ALLERGIC REACTIONS: ANXIETY
March 25th, 2009 | Posted by admin | Category: AllergiesNo Comments
Few people need to have anxiety described for them. It’s that combination of uneasiness and apprehension you feel when you face uncertainty: a new job, a move to a new community, a second marriage, seeing your first child off to college and so forth.
Some degree of anxiety seems to be an unavoidable part of the human condition, given all the uncertainties of life. Certain periods of life – adolescence and middle age – are particularly fraught with anxiety.
To balance out anxiety, we turn to activities we enjoy: time with our friends; participating in hobbies, games or sports; listening to music or reading books. When the causes of anxiety are real, those antidotes usually work pretty well.
But when anxiety is chronic and free-floating – that is, not traceable to any specific cause – those antidotes don’t work. Instead, one experiences an increasing sense of panic. Or the feeling that everything inside is wound up tight. You force yourself to take deep breaths, but that doesn’t calm you down. Perhaps you fly off the handle at the least little thing, then a wave of depression sweeps in. You tend to burst into tears frequently – or feel like you’re going to. In many people, anxiety is accompanied by headaches, stomach troubles or other physical complaints.
When an anxious person goes to a doctor with his or her problem, he or she’s apt to be given a tranquillizer. Or referred to a psychologist, who spends a lot of time investigating past experiences and relationships with other people. Sometimes that works. But sometimes it doesn’t, and the person still ends up with a prescription for tranquillizers.
In a case like that, anxiety is a puzzle – with one of the pieces missing. That piece may an allergy. Working on the possibility that anxiety and allergy are sometimes linked, certain doctors have solved the puzzle of their patients’ ‘baseless’ anxiety. Ronald Finn and H. Newman Cohen, of the Royal Southern Hospital in the Department of Medicine at the University of Liverpool, worked with six people who suffered anxiety and other mental symptoms. All had failed to improve after extensive examination and prolonged medical treatment. The researchers found that coffee and tea were responsible for much of the patients’ anxiety and other psychological problems.
‘The symptoms produced by excessive coffee are probably due to caffeine,’ say Drs Finn and Cohen. ‘The symptoms, which may mimic an anxiety state, include irritability, palpitations, headache and gastrointestinal disturbances.
The implications are clear: if you’ve been overly anxious for no good reason and drink coffee every day (most coffee drinkers do), you’d be smart to give up the brew for a few weeks.
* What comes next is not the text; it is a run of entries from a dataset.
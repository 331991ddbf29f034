-- ===== src/CloudHypervisor/Driver/Exec.antt =====
-- pkg/driver/cloudhypervisor/driver.go: Exec of an instance, and what it runs in the guest.
mod Scenarios
use vessel.Prelude.{
  ℕ, String, ◌≡◌, ◌≢◌, refl, ap, ◌∙◌, subst, sym, Bool, Option, none, some, List, [], ◌∷◌,
  if◌then◌else◌,
}
use vessel.Prelude.Int.{ℤ}
use vessel.Agent.{Bytes, Guest}
use vessel.Agent.Net.{Run, Ending, succeeded, exited, failed}
use vessel.Agent.Client.{Client, Outcome, done, failure, served_by, exec as agent_exec}
use vessel.Agent.Files.{outcome_of, exec_lem}
use vessel.CloudHypervisor.Driver.{Vm, Host, Machine}

-- -1 with an error, or an exit code with what was written to stdout and stderr
pub data Executed : Type 0 where
  not_executed : String → Executed
  executed : ℤ → Bytes → Bytes → Executed

-- a nil writer gets nothing
unfoldable pub write_out : Bool → Bool → Outcome (ℤ × Bytes × Bytes) → Executed
write_out to_stdout to_stderr (done (code, out, err_out)) =
    executed code (if to_stdout then out else []) (if to_stderr then err_out else [])
write_out to_stdout to_stderr (failure _) = not_executed "agent"

-- `to_stdout` and `to_stderr` are whether there is a writer
unfoldable pub exec :
    {H : Type 0} → Host H → List String → Bool → Bool → Machine H → Machine H × Executed
unfolding agent_exec write_out
exec os cmd to_stdout to_stderr s = elim s.vm.agent [
  | none ↦ (s, not_executed "agent not connected")
  | some n ↦
      let (c, r) = agent_exec (os.deliver s.vm.id) cmd [] (record { seq = n; peer = s.host }) in
      (
        record s { host = c.peer; vm = record s.vm { agent = some c.seq } },
        write_out to_stdout to_stderr r,
      )
]

-- what the caller of a program that ran in the guest gets
abbrev pub told_of : Bool → Bool → Run → Executed
told_of to_stdout to_stderr r =
    let out = if to_stdout then r.stdout else [] in
    let err_out = if to_stderr then r.stderr else [] in
    elim r.ending [
      | succeeded ↦ executed (ℤ.pos 0) out err_out
      | exited code ↦ executed code out err_out
      | failed e ↦ not_executed "agent"
    ]

write_out-outcome_of :
    (to_stdout to_stderr : Bool) (ending : Ending) (out err_out : Bytes)
    → let r : Run = record { ending = ending; stdout = out; stderr = err_out } in
      write_out to_stdout to_stderr (outcome_of r) ≡ told_of to_stdout to_stderr r
unfolding write_out
write_out-outcome_of a b succeeded out err_out = refl
write_out-outcome_of a b (exited code) out err_out = refl
write_out-outcome_of a b (failed e) out err_out = refl

-- Exec of an instance whose agent is connected, where the agent of the repository serves the
-- connection and the errors of os/exec have a text: the program runs once in the guest, without an
-- environment of its own, and the caller gets its exit code and, at the writers that there are, its
-- output. A program that could not be run is an error.
pub exec-runs :
    {G : Type 0} (guest : Guest G) (os : Host G) (s : Machine G) (n : ℕ) (name : String)
    (args : List String) (to_stdout to_stderr : Bool)
    → os.deliver s.vm.id ≡ served_by guest
    → s.vm.agent ≡ some n
    → ((e : String) → (guest.run (name ∷ args) [] s.host).1.ending ≡ failed e → e ≢ "")
    → let (g, r) = guest.run (name ∷ args) [] s.host in
      let (after, told) = exec os (name ∷ args) to_stdout to_stderr s in
      (after.host ≡ g) × (told ≡ told_of to_stdout to_stderr r)
unfolding exec
exec-runs guest os s n name args to_stdout to_stderr served connected nonempty =
    let ran = exec_lem guest name args [] (record { seq = n; peer = s.host }) nonempty in
    let r = (guest.run (name ∷ args) [] s.host).1 in
    rw (connected, served, exec)
      (
        ran.0,
        ap (λ told. write_out to_stdout to_stderr told) ran.1
            ∙ write_out-outcome_of to_stdout to_stderr r.ending r.stdout r.stderr,
      )
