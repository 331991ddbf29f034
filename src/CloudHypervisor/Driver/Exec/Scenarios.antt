-- ===== src/CloudHypervisor/Driver/Exec/Scenarios.antt =====
-- A command in a guest that prints what it is told, with stdout alone taken.
use vessel.Prelude.{ℕ, ◌+◌, ◌≡◌, refl, arith, none, some, [], ◌∷◌, true, false}
use vessel.Prelude.Int.{pos}
use vessel.Sandbox.{State}
use vessel.Agent.{Guest, unreadable}
use vessel.Agent.Net.{exited}
use vessel.Agent.Client.{served_by}
use vessel.CloudHypervisor.Client.{answered}
use vessel.CloudHypervisor.Driver.{Host, Machine, got, missed}
use vessel.CloudHypervisor.Driver.Exec.{exec, exec-runs, executed}

-- the guest counts the programs that ran
abbrev guest : Guest ℕ
guest = record {
  run = λ cmd env n. (n + 1, record { ending = exited (pos 3); stdout = 7 ∷ []; stderr = 8 ∷ [] });
  report = λ cmd r. "";
  mkdir_all = λ path n. (n, none);
  write_file = λ path bytes mode n. (n, none);
  read_file = λ path n. unreadable "no such file";
}

abbrev host : Host ℕ
host = record {
  http = λ id c h. (h, answered 204 "");
  await_exit = λ id h. (h, true);
  kill_process = λ id h. h;
  kill = λ v h. h;
  pool_get = λ h. (h, missed "empty");
  spawn_in_netns = λ netns h. (h, missed "no nsenter");
  is_dir = λ path h. false;
  pack_dir = λ dir image h. (h, missed "no tool");
  clear_dir = λ path h. (h, none);
  clone_snapshot = λ path v h. (h, got path);
  read_config = λ netns h. (h, missed "no pod");
  setup_tap = λ netns tap h. (h, none);
  teardown_tap = λ netns tap h. h;
  add_net = λ id nic h. (h, none);
  dial = λ path h. (h, none);
  deliver = λ id req h. served_by guest req h;
  polls = 2;
}

abbrev machine : Machine ℕ
machine = record {
  vm = record {
    id = "0a0b";
    dir = "/run/0a0b";
    vsock = "/run/0a0b/vsock.sock";
    agent = some 4;
    state = State.running;
    netns = "";
    net_cfg = none;
  };
  host = 0;
}

exec-runs_example :
    let (after, told) = exec host ("ls" ∷ []) true false machine in
    (after.host ≡ 1) × (told ≡ executed (pos 3) (7 ∷ []) [])
exec-runs_example =
    exec-runs guest host machine 4 "ls" [] true false refl refl (λ e h. absurd (ground (arith, h)))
Of course, that also means giving up tea, cola, chocolate and over-the-counter pain-killers, which contain either caffeine or caffeine-like compounds. It may take several days for you to completely recover from caffeine, but if that’s the cause of your apprehension, you’ll notice a dramatic drop in anxiety levels.
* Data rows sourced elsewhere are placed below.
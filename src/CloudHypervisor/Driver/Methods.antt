-- ===== src/CloudHypervisor/Driver/Methods.antt =====
-- pkg/driver/cloudhypervisor/driver.go, the methods of `Driver` and `Instance`, and the parts of
-- netguest.go that they call.
use Prim.Native.String.{◌++◌ as append}
use vessel.Prelude.{
  zero, ◌+◌, ◌*◌, String, str_eq, true, Option, none, some, [], ◌∷◌, ◌++◌, if◌then◌else◌,
}
use vessel.Prelude.Int.{ℤ, pos, negsuc}
use vessel.FilePath.{join}
use vessel.Sandbox.{created, running, stopped, other, Result, ok, err, panic, Spec}
use vessel.CloudHypervisor.Client.{
  VmConfig, NetDevice, RestoreConfig, vmm_ping, vm_boot, vm_pause, vm_resume, vmm_shutdown,
  vm_create, vm_snapshot, vm_restore, call,
}
use vessel.CloudHypervisor.Driver.{
  VmmHandle, Vm, Attempt, got, missed, Host, Machine, wait_ready, ◌and_then◌, on_host, api, connect,
  ping_agent, configure_guest, apply_guest_network, mirror_tap,
}
use vessel.CloudHypervisor.Driver.Settings.{Config, tap_name}

-- 0 stands for a default
abbrev pub or_count : ℤ → ℤ → ℤ
or_count (pos zero) default = default
or_count n default = n

-- int64(mem) << 20
abbrev pub mebibytes : ℤ → ℤ
mebibytes (pos n) = pos (n * 1048576)
mebibytes (negsuc n) = negsuc (n * 1048576 + 1048575)

unfoldable pub vm_config : Config → Spec → String → Vm → VmConfig
vm_config cfg spec rootfs vm = record {
  cpus = record {
    boot_vcpus = or_count spec.vcpus (pos 1);
    max_vcpus = or_count spec.vcpus (pos 1);
  };
  memory = record { size = mebibytes (or_count spec.mem_mib (pos 256)); shared = true };
  payload = record { kernel = cfg.kernel_path; cmdline = cfg.cmdline };
  disks = record { path = rootfs; readonly = true } ∷ [];
  net = [];
  vsock = some (record { cid = 3; socket = vm.vsock });
  serial = some (record { mode = "File"; file = join vm.dir "serial.log" });
  console = some (record { mode = "Off"; file = "" });
}

unfoldable pub new_vm : VmmHandle → String → Vm
new_vm h netns = record {
  id = h.id;
  dir = h.dir;
  vsock = join h.dir "vsock.sock";
  agent = none;
  state = created;
  netns = netns;
  net_cfg = none;
}

module _ {H : Type 0} (os : Host H) where
  unfoldable pub mark_running : Machine H → Machine H × Option String
  mark_running s = (record s { vm = record s.vm { state = running } }, none)

  unfoldable pub pack_rootfs : String → Machine H → Machine H × Attempt String
  pack_rootfs rootfs s =
      let (h, r) = os.pack_dir rootfs (join s.vm.dir "rootfs.img") s.host in
      (record s { host = h }, r)

  -- the root image: a directory is packed
  unfoldable pub choose_rootfs : Config → Spec → Machine H → Machine H × Attempt String
  unfolding pack_rootfs
  choose_rootfs cfg spec s =
      let rootfs = if str_eq spec.rootfs "" then cfg.rootfs_path else spec.rootfs in
      if str_eq rootfs ""
      then (s, got rootfs)
      else if os.is_dir rootfs s.host
      then pack_rootfs rootfs s
      else (s, got rootfs)

  -- a pod's TAP is attached to the configuration
  unfoldable pub setup_network : VmConfig → Machine H → Machine H × Attempt VmConfig
  unfolding mirror_tap tap_name
  setup_network c s =
      let (s', r) = mirror_tap os s in
      elim r [
        | missed e ↦ (s', missed (append "pod network: " e))
        | got net ↦
            let nic : NetDevice = record {
              tap = tap_name s.vm.id;
              mac = net.mac;
              num_fds = 0;
              id = "";
            } in
            (s', got (record c { net = c.net ++ nic ∷ [] }))
      ]

  -- `boot` from the creation of the VM on
  unfoldable pub launch : VmConfig → Machine H → Machine H × Option String
  unfolding connect ping_agent apply_guest_network mark_running call
  launch c s =
      api os "" (vm_create c) s
      and_then api os "" vm_boot
      and_then connect os
      and_then ping_agent os
      and_then apply_guest_network os
      and_then mark_running

  unfoldable pub boot_with : VmConfig → Machine H → Machine H × Option String
  unfolding launch setup_network
  boot_with c s =
      if str_eq s.vm.netns ""
      then launch c s
      else let (s', r) = setup_network c s in
        elim r [ missed e ↦ (s', some e) | got c' ↦ launch c' s' ]

  unfoldable pub boot : Config → Spec → Machine H → Machine H × Option String
  unfolding boot_with choose_rootfs vm_config wait_ready call
  boot cfg spec s =
      on_host os "VMM API not ready: " (wait_ready os.polls (call os.http s.vm.id vmm_ping)) s
      and_then λ s.
          let (s', r) = choose_rootfs cfg spec s in
          elim r [
            | missed e ↦ (s', some (append "pack rootfs: " e))
            | got rootfs ↦ boot_with (vm_config cfg spec rootfs s'.vm) s'
          ]

  unfoldable pub teardown_network : Machine H → Machine H
  teardown_network s = elim s.vm.net_cfg [
    | none ↦ s
    | some setup ↦ record s {
      host = os.teardown_tap s.vm.netns setup.tap s.host;
      vm = record s.vm { net_cfg = none };
    }
  ]

  -- a process that does not exit in time is killed
  unfoldable pub reap : String → H → H
  reap id h =
      let (h, exited) = os.await_exit id h in
      let killed = os.kill_process id h in if exited then h else killed

  -- the answer to vmm.shutdown is dropped
  unfoldable pub stop : Machine H → Machine H
  unfolding teardown_network call reap
  stop s =
      let t = teardown_network s in
      let (h, e) = call os.http t.vm.id vmm_shutdown t.host in
      record { host = reap t.vm.id h; vm = record t.vm { state = stopped } }

  -- what a constructor returns: the machine, or its error after `Stop`
  unfoldable pub or_stop : Machine H × Option String → H × Result Vm
  unfolding stop
  or_stop (s, none) = (s.host, ok s.vm)
  or_stop (s, some e) = ((stop s).host, err (other e))

  -- a VMM of the pool, or one in the pod's network namespace
  unfoldable pub acquire : Spec → H → H × Attempt VmmHandle
  acquire spec h = if str_eq spec.netns "" then os.pool_get h else os.spawn_in_netns spec.netns h

  unfoldable pub create : Config → Option Spec → H → H × Result Vm
  unfolding or_stop boot new_vm acquire
  create cfg none h = (h, panic)
  create cfg (some spec) h =
      let (h', r) = acquire spec h in
      elim r [
        | missed e ↦ (h', err (other e))
        | got handle ↦ or_stop (boot cfg spec (record { vm = new_vm handle spec.netns; host = h' }))
      ]

  unfoldable pub restore_request : String → String → RestoreConfig
  restore_request path mode = record {
    source_url = append "file://" path;
    memory_restore_mode = mode;
    resume = true;
  }

  -- OnDemand is tried once, and then the default mode
  unfoldable pub restore_vm : Config → String → Machine H → Machine H × Option String
  unfolding restore_request call
  restore_vm cfg path s =
      let (s', e) = api os "restore: " (vm_restore (restore_request path cfg.restore_mode)) s in
      elim e [
        | none ↦ (s', none)
        | some e ↦
            if str_eq cfg.restore_mode "OnDemand"
            then api os "restore: " (vm_restore (restore_request path "")) s'
            else (s', some e)
      ]

  unfoldable pub apply_restored_network : Machine H → Machine H × Option String
  unfolding mirror_tap configure_guest
  apply_restored_network s =
      if str_eq s.vm.netns ""
      then (s, none)
      else let (s', r) = mirror_tap os s in
        elim r [
          | missed e ↦ (s', some e)
          | got net ↦
              let nic : NetDevice = record { tap = ""; mac = net.mac; num_fds = 1; id = "_net0" } in
              on_host os "hotplug NIC: " (os.add_net s'.vm.id nic) s'
              and_then configure_guest os net
        ]

  unfoldable pub resume_clone : Config → String → Machine H → Machine H × Option String
  unfolding restore_vm connect apply_restored_network mark_running
  resume_clone cfg path s =
      restore_vm cfg path s
      and_then connect os
      and_then apply_restored_network
      and_then mark_running

  unfoldable pub restore : Config → String → String → H → H × Result Vm
  unfolding resume_clone or_stop new_vm
  restore cfg path netns h =
      let (h', r) = os.pool_get h in
      elim r [
        | missed e ↦ (h', err (other e))
        | got handle ↦
            let (h'', overlay) = os.clone_snapshot path handle h' in
            elim overlay [
              | missed e ↦ (os.kill handle h'', err (other e))
              | got overlay ↦
                  or_stop
                    (resume_clone cfg overlay (record { vm = new_vm handle netns; host = h'' }))
            ]
      ]

  -- the VM is resumed whether or not its snapshot succeeded
  unfoldable pub snapshot : String → Machine H → Machine H × Option String
  unfolding call
  snapshot path s =
      on_host os "clear snapshot dir: " (os.clear_dir path) s
      and_then api os "pause: " vm_pause
      and_then λ s.
          let (s', snapped) = api os "snapshot: " (vm_snapshot (append "file://" path)) s in
          let (s'', resumed) = api os "resume: " vm_resume s' in
          elim snapped [
            | some e ↦ (s'', some e)
            | none ↦ elim resumed [
              | some e ↦ (s'', some e)
              | none ↦ (record s'' { vm = record s''.vm { state = running } }, none)
            ]
          ]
While Drs Finn and Cohen single out caffeine, they also feel that almost any food to which one is allergic may be the unrecognized cause of baseless anxiety.
‘Unlike conventional allergic reactions, such as a skin rash, the patient is usually unaware of the food to which he is sensitive and may even be unaware that his symptoms might be due to food intolerance,’ say Drs Finn and Cohen. ‘The offending agent is often a favorite food which is taken daily, usually in large quantities’ (Lancet).
Food may not be the only possible offender. Marshall Mandell, an allergist in Norwalk, Connecticut who has done extensive work in the field of allergy, tells of a twenty-five-year-old woman who suffered from anxiety, along with fatigue, depression, menstrual discomfort and conventional allergic problems such as hives and nasal symptoms. Medical treatment had been no help and she’d been advised to seek psychiatric help. Instead, she went to Dr. Mandell, who checked into the possibility that her problems were caused by allergy to foods and chemicals.
I learned that she reacted to freshly manufactured plastics and rubber articles, hair sprays, paints, furniture oils, fumes from gas stoves, car exhaust, chlordane insecticide and a number of foods, says Dr Mandell. ‘When she cleaned up her home environment by removing all offending household products, had her gas stove removed and the inlet pipe that supplied her house sealed off at the meter so that no gas entered her home, and went on to a Rotary Diet that eliminated all of the food to which she had reacted, her symptoms began to subside and in less than a month all of her complaints cleared up’ (DrMandell’s 5-Day Allergy Relief System).
You may not have to take as many steps as that woman did to clear up your anxiety.